According to Zuckermann (292), a close observation of the trend by which English continues to influence native languages leads to a perception that English may onetime achieve complete dominance over native languages that face the threat of becoming obsolete. It is because national boundaries are continuously declining as the world is becoming a global village. Besides, non-geographic economic affiliations are emerging, hence increasing the dominance of English, which is understood by many cultural groups. Native languages are also threatened by the fast paced spread of the English language due to the belief that whenever people speak two languages as their mother tongue, chances are high that each one of them will be degraded (Zuckermann 287).
For several years, the Chinese has been regarded as the world’s largest speech community with English being the most dominant international lingua franca (Bianco, Orton, & Yihong 53). Currently, English appears to be the only language that is used worldwide with respect to entertainment, politics, and technology. The English language allows explaining technological terms because it is reach in vocabulary. Modern advances in technology and the prevailing political influences have currently presented the need for the English and Chinese speakers to interact. As a result, the two languages have had influences on each other. English has exerted a notable influence with its international phraseology on the Chinese language that is known to be highly regionally-confined. In most cases, the Chinese language that is genetically different and that is highly culturally conserved borrows a great number of words to express cultural concepts obtained from the native English-speaking countries. This discussion seeks to analyze the linguistic interaction that exists between the two languages are considered to be most visible.

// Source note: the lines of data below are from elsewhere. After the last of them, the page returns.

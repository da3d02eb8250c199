-- ===== src/DateTimePicker/Numbers.antt =====
-- The numbers in the text of the picker.
use package.text.Mathlib.TextLemmas.{append-nil}
use Prim.Native.String
use telemetryhub.Common.{
  Option, some, arith, ℕ, ◌<◌, String, ◌≡◌, refl, ltb, ap, ◌∙◌, Bool-cases, inl, inr, ◌∷◌, [],
}
use telemetryhub.Common.Int.{ℤ, pos}
use telemetryhub.Js.Text.{decimal, size, text}
use telemetryhub.Js.Text.Digits.{
  value_from, value_from-append, decimal_value, Digits, IsDecimal, append-IsDecimal,
  decimal-IsDecimal,
}
use telemetryhub.DateTimePicker.{pad, shown}

-- Zeros in front change nothing.
value_from_zeros :
    (zeros s : String)
    → value_from 0 zeros ≡ 0
    → value_from 0 (text (zeros ∷ s ∷ [])) ≡ value_from 0 s
unfolding text
value_from_zeros zeros s h =
    ap (λ t. value_from 0 (String.◌++◌ zeros t)) (append-nil s)
    ∙ value_from-append 0 zeros s
    ∙ ap (λ a. value_from a s) h

-- A number of at most 16 digits that the picker pads is denoted by the padded text.
pub pad_value : (n : ℕ) → n < 10000000000000000 → value_from 0 (pad (pos n)) ≡ n
unfolding pad shown value_from
pad_value n h =
    let read = decimal_value n h in
    elim (Bool-cases (ltb (size (decimal n)) 1)) [
      | inl blank ↦ rw blank (value_from_zeros "00" (decimal n) refl ∙ read)
      | inr some_ ↦ elim (Bool-cases (ltb (size (decimal n)) 2)) [
        | inl short ↦ rw (some_, short) (value_from_zeros "0" (decimal n) refl ∙ read)
        | inr long ↦ rw (some_, long) read
      ]
    ]

pub pad-IsDecimal : (n : ℕ) → IsDecimal (pad (pos n))
unfolding pad shown text
pad-IsDecimal n =
    let d = decimal-IsDecimal n in
    let after : (zeros : String) → Digits zeros → IsDecimal (text (zeros ∷ decimal n ∷ [])) =
      λ zeros h. append-IsDecimal zeros _ h (rw (append-nil (decimal n)) d) in
    elim (Bool-cases (ltb (size (decimal n)) 1)) [
      | inl blank ↦ rw blank (after "00" (refl, (refl, tt)))
      | inr some_ ↦ elim (Bool-cases (ltb (size (decimal n)) 2)) [
        | inl short ↦ rw (some_, short) (after "0" (refl, tt))
        | inr long ↦ rw (some_, long) d
      ]
    ]

-- Integers from here on are not all exact in JavaScript.
abbrev pub max_safe : ℕ
max_safe = 9007199254740992

-- `Number` reads digits as the number that they denote, if it is small enough.
abbrev pub ReadsDigits : (String → Option ℤ) → Type 0
ReadsDigits number =
    (s : String) (n : ℕ) → IsDecimal s → value_from 0 s ≡ n → n < max_safe → number s ≡ some (pos n)

module _ (number : String → Option ℤ) (reads : ReadsDigits number) where
  pub decimal_read : (n : ℕ) → n < max_safe → number (decimal n) ≡ some (pos n)
  decimal_read n h = reads (decimal n) n (decimal-IsDecimal n) (decimal_value n (omega arith)) h

  pub pad_read : (n : ℕ) → n < max_safe → number (pad (pos n)) ≡ some (pos n)
  pad_read n h = reads (pad (pos n)) n (pad-IsDecimal n) (pad_value n (omega arith)) h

Young Chinese Learning English
The young in China are increasingly getting exposed to the English language (Curtis 74). The influence of English is becoming so extensive to the point that it is used beyond the basic communication functions. As the young adopt the use of English by learning it, the language shows much influence on the native Chinese language and Chinese culture. It also has a significant influence on the thought patterns of the young Chinese. It is perceived that more people are currently studying English in China than there are people living in the USA. China has reported that English is taught in the Chinese primary schools in the third grade and that plans are in their advanced stages to ensure that it is taught by all schools starting from the kindergarten level of education. The trend is predictable and one can be safe to assert that knowledge of the English language will be a core skill expected of employees below 40 years old. It is due to the projection that all employees below 40 years old will be expected to know a minimum of 1000 English phrases (Curtis 87). The plan faces a challenge due to lack of the adequate proficient English teachers. The Chinese government is keen to ensure that teaching of English is accelerated. However, it is clear that the language will only be proficiently spoken by the next generation of Chinese as their natural form of communication.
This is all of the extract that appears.